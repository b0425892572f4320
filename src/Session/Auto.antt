-- ===== src/Session/Auto.antt =====
-- crates/session/src/auto.rs: sessions that renew themselves. What `AutoRenew` calls of a session is
-- an interface, which the sessions in redis fill.
use dce_rust.Base.{
  ℕ, ◌-◌, ◌^◌, Bool, true, false, Option, none, some, List, [], ◌∷◌, ◌++◌, ltb, if◌then◌else◌,
}
use dce_rust.Text.{Str, text}
use dce_rust.Error.{Outcome, ok, err, panics, out_of_fuel, closed0_wrap, ℤ, pos, negsuc, ◌>>=◌}
use dce_rust.Session.Meta.{Meta}
use dce_rust.Session.Trait.{Ran, ◌>>!◌}
use dce_rust.Session.Trait
use dce_rust.Session.Redis.{
  Redis, RedisSession, Snapshot, redis_store, silent_get, ttl_passed, cloned_silent_set,
  cloned_touch, cloned_ttl_passed,
}
use dce_rust.Session.User.{dropped}
use dce_rust.Session.User
use dce_rust.Session.Isize.{seconds_from_renew}

-- The methods of a session. `keep_clone` is `*self.cloned_mut() = Some(self.clone())`, `clone_named`
-- makes the clone that `clone_with_id` returns, and `set_cloned` keeps it or none.
pub record Renewable (S : Type 0) : Type 0 where
  pub meta : S → Meta
  pub try_touch : S → Ran Bool S
  pub silent_get : Str → S → Ran Str S
  pub keep_clone : S → S
  pub clone_with_id : Str → S → Outcome S
  pub set_cloned : Option S → S → S
  pub ttl_passed : S → Ran ℕ S
  pub destroy : S → Ran Bool S
  pub renew : List (Str × Option Str) → S → Ran Bool S
  pub cloned_destroy : S → Ran Bool S
  pub cloned_touch : S → Ran Bool S
  pub cloned_silent_set : Str → Str → S → Ran Bool S
  pub cloned_ttl_passed : S → Ran ℕ S

pub record AutoRenew (S : Type 0) : Type 0 where
  pub session : S
  pub new_sid_field : Str
  pub renew_interval_seconds : ℕ
  pub original_judgment_seconds : ℕ
  pub cloned_inactive_judgment_seconds : ℕ

abbrev pub default_new_sid_field : Str
default_new_sid_field = text "$newid"

abbrev pub default_renew_interval_seconds : ℕ
default_renew_interval_seconds = 600

abbrev pub default_original_judgment_seconds : ℕ
default_original_judgment_seconds = 120

abbrev pub default_cloned_inactive_judgment_seconds : ℕ
default_cloned_inactive_judgment_seconds = 60

abbrev pub or_else : {A : Type 0} → A → Option A → A
or_else old none = old
or_else old (some v) = v

-- `unwrap_or` on a result; a panic on the way stays one.
abbrev pub unwrap_or : {A S : Type 0} → A → Ran A S → Ran A S
unwrap_or a (ok b, s) = (ok b, s)
unwrap_or a (err e, s) = (ok a, s)
unwrap_or a (panics, s) = (panics, s)
unwrap_or a (out_of_fuel, s) = (out_of_fuel, s)

-- `.ok()` on a result.
abbrev pub to_option : {A : Type 0} → Outcome A → Outcome (Option A)
to_option (ok a) = ok (some a)
to_option (err e) = ok none
to_option panics = panics
to_option out_of_fuel = out_of_fuel

-- `.map_or(true, |old_tp| new_tp < old_tp)`.
unfoldable pub is_newer : {S : Type 0} → ℕ → Ran ℕ S → Ran Bool S
is_newer new_tp (ok old_tp, s) = (ok (ltb new_tp old_tp), s)
is_newer new_tp (err e, s) = (ok true, s)
is_newer new_tp (panics, s) = (panics, s)
is_newer new_tp (out_of_fuel, s) = (out_of_fuel, s)

abbrev pub was_destroyed : Str → Str
was_destroyed id = text "session \"" ++ (id ++ text "\" was destroied, unable to continue use")

module _ {S : Type 0} where
  unfoldable pub new : S → AutoRenew S
  new session = record {
    session = session;
    new_sid_field = default_new_sid_field;
    renew_interval_seconds = default_renew_interval_seconds;
    original_judgment_seconds = default_original_judgment_seconds;
    cloned_inactive_judgment_seconds = default_cloned_inactive_judgment_seconds;
  }

  unfoldable pub config : Option ℕ → Option ℕ → Option ℕ → Option Str → AutoRenew S → AutoRenew S
  config interval original inactive field auto = record auto {
    renew_interval_seconds = or_else auto.renew_interval_seconds interval;
    original_judgment_seconds = or_else auto.original_judgment_seconds original;
    cloned_inactive_judgment_seconds = or_else auto.cloned_inactive_judgment_seconds inactive;
    new_sid_field = or_else auto.new_sid_field field;
  }

  unfoldable pub unwrap : AutoRenew S → S
  unwrap auto = auto.session

  module _ (ops : Renewable S) (auto : AutoRenew S) where
    -- The new id is noted in the old session, which is the clone.
    unfoldable pub do_clone : List (Str × Option Str) → S → Ran Bool S
    unfolding dropped
    do_clone filters s =
        ops.renew filters (ops.keep_clone s)
        >>! (λ _ renewed. dropped (ops.cloned_touch renewed))
        >>! (λ _ touched. ops.cloned_silent_set auto.new_sid_field (ops.meta touched).sid touched)

    -- Whether the new session is in use, and more lately than the old one.
    unfoldable pub is_superseded : ℕ → S → Ran Bool S
    unfolding is_newer
    is_superseded new_tp s =
        if ltb new_tp auto.cloned_inactive_judgment_seconds
        then is_newer new_tp (ops.ttl_passed s)
        else (ok false, s)

    -- The old session gives way to a new one in use; one that is not is replaced.
    unfoldable pub settle : Bool → S → Ran Bool S
    unfolding do_clone
    settle true s = ops.destroy s >>! (λ _ t. (closed0_wrap (was_destroyed (ops.meta t).sid), t))
    settle false s = ops.cloned_destroy s >>! (λ _ t. do_clone ((auto.new_sid_field, none) ∷ []) t)

    -- What is done with a session whose time to renew has come and that has a newer one.
    unfoldable pub judge : Str → S → Ran Bool S
    unfolding is_superseded settle
    judge new_sid s =
        (to_option (ops.clone_with_id new_sid s), s)
        >>! (λ cloned t. unwrap_or (2 ^ 32 - 1) (ops.cloned_ttl_passed (ops.set_cloned cloned t)))
        >>! (λ new_tp t. is_superseded new_tp t)
        >>! (λ superseded t. settle superseded t)

    -- `let _ = self.try_touch(); Ok(false)`.
    unfoldable pub keep : S → Ran Bool S
    unfolding dropped
    keep s = dropped (ops.try_touch s) >>! (λ _ t. (ok false, t))

    unfoldable pub renew_due : ℕ → Ran Str S → Ran Bool S
    unfolding judge keep do_clone
    renew_due seconds (ok new_sid, s) =
        let judged = judge new_sid s in
        if ltb auto.original_judgment_seconds seconds then judged else keep s
    renew_due seconds (err e, s) = do_clone [] s
    renew_due seconds (panics, s) = (panics, s)
    renew_due seconds (out_of_fuel, s) = (out_of_fuel, s)

    -- By the seconds since the renewal was due.
    unfoldable pub renewed : S → ℤ → Ran Bool S
    unfolding keep renew_due
    renewed s (negsuc n) = keep s
    renewed s (pos seconds) = renew_due seconds (ops.silent_get auto.new_sid_field s)

  -- `try_renew`, with the time since the epoch.
  unfoldable pub try_renew : Renewable S → Outcome (ℕ × ℕ) → AutoRenew S → Ran Bool (AutoRenew S)
  unfolding renewed seconds_from_renew
  try_renew ops now auto =
      let s = auto.session in
      let age = now >>= λ (secs, nanos).
      seconds_from_renew secs (ops.meta s).create_stamp auto.renew_interval_seconds in
      let (result, t) = (age, s) >>! (λ seconds u. renewed ops auto u seconds) in
      (result, record auto { session = t })

-- The sessions in redis.
module _ {R U : Type 0} (commands : Redis R) (uid_of : U → ℕ) (from_json : Str → Outcome U)
    (to_json : U → Outcome Str) (now : Outcome (ℕ × ℕ)) (random : ℕ) (hash : Str → Str) where
  abbrev pub as_snapshot : RedisSession R U → Snapshot U
  as_snapshot s = record { meta = s.meta; user_meta = s.user_meta }

  abbrev pub with_cloned : Option (Snapshot U) → RedisSession R U → RedisSession R U
  with_cloned cloned s = record s { cloned = cloned }

  abbrev pub redis_renewable : Renewable (RedisSession R U)
  redis_renewable = record {
    meta = λ s. s.meta;
    try_touch = Trait.try_touch (redis_store commands);
    silent_get = silent_get commands;
    keep_clone = λ s. with_cloned (some (as_snapshot s)) s;
    clone_with_id = User.clone_with_id commands uid_of from_json to_json now random hash;
    set_cloned =
        λ cloned s. with_cloned (elim cloned [ none ↦ none | some c ↦ some (as_snapshot c) ]) s;
    ttl_passed = ttl_passed commands;
    destroy = User.destroy commands uid_of from_json to_json;
    renew = User.renew commands uid_of from_json to_json now random hash;
    cloned_destroy = User.cloned_destroy commands uid_of from_json to_json;
    cloned_touch = cloned_touch commands;
    cloned_silent_set = cloned_silent_set commands;
    cloned_ttl_passed = cloned_ttl_passed commands;
  }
....
Your answer should be one number: how many lines above include the word "filters".

*SOLUTION*
2